MSNBC's Dan Abrams is a bit surprised:
"It's been over one year since U.S. forces captured Iraqi leader Saddam Hussein. When he does face justice, he'll have an unlikely ally: Ramsey Clark, former U.S. Attorney General under President Lyndon Johnson, the son of a U.S. Supreme Court Justice and civil rights activist."
Considering Clark's activities for the past few decades, it's hardly unlikely (on the general topic see my profile of Saddam's all-star defense team).

Everyone, of course, deserves the benefit of proper legal defense, and that includes scum of the earth like Saddam. If you practice in criminal law, the chances are that you'll get to represent some characters that you normally would not associate with in your non-professional life. In the end though, there is no obligation upon you to take the case, and if you are actually volunteering - serially - to defend shady characters, well, that's entirely different ballgame to your stock standard crim law practice. And so, some lawyers' choice of clients and cases seems to be motivated by more than just an impartial desire to ensure due and just process - and becomes a part of a perverse pattern of representing the enemies of your own society.

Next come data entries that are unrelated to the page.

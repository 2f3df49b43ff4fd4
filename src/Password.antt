-- ===== src/Password.antt =====
-- src/caspasswd/caspasswd.go: the file of users and password hashes. What the file system, Argon2id,
-- bcrypt and the source of random bytes give are arguments.
pub mod Entries
pub mod Argon
pub mod Accounts
mod Files
mod Verify
mod Login
mod Tests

Ramsey Clark is one such lawyer.

After being given a spiel about fairness and commitment to human rights as his motivating factors in taking on Saddam's defense, Abrams presses on:
"ABRAMS: But isn't there a moral choice also? I mean you've given me strictly sort of a legal answer, which is that he deserves as does everyone a fair trial and that you want to make sure that happens. But isn't there also a moral choice to say 'He needs somebody but I don't want to be that person based on what I know he's done in his past'?

"CLARK: That thought doesn't occur to me because that's me being a judge. A lawyer is not the judge."
What a monumental cop-out that is - for all his talk about being non-judgmental, you can never imagine Clark defending somebody from the "other side", like a soldier accused of abusing a prisoner at Abu Ghraib. One thought that certainly didn't occur to Clark since about 1967 is that his country might actually be right.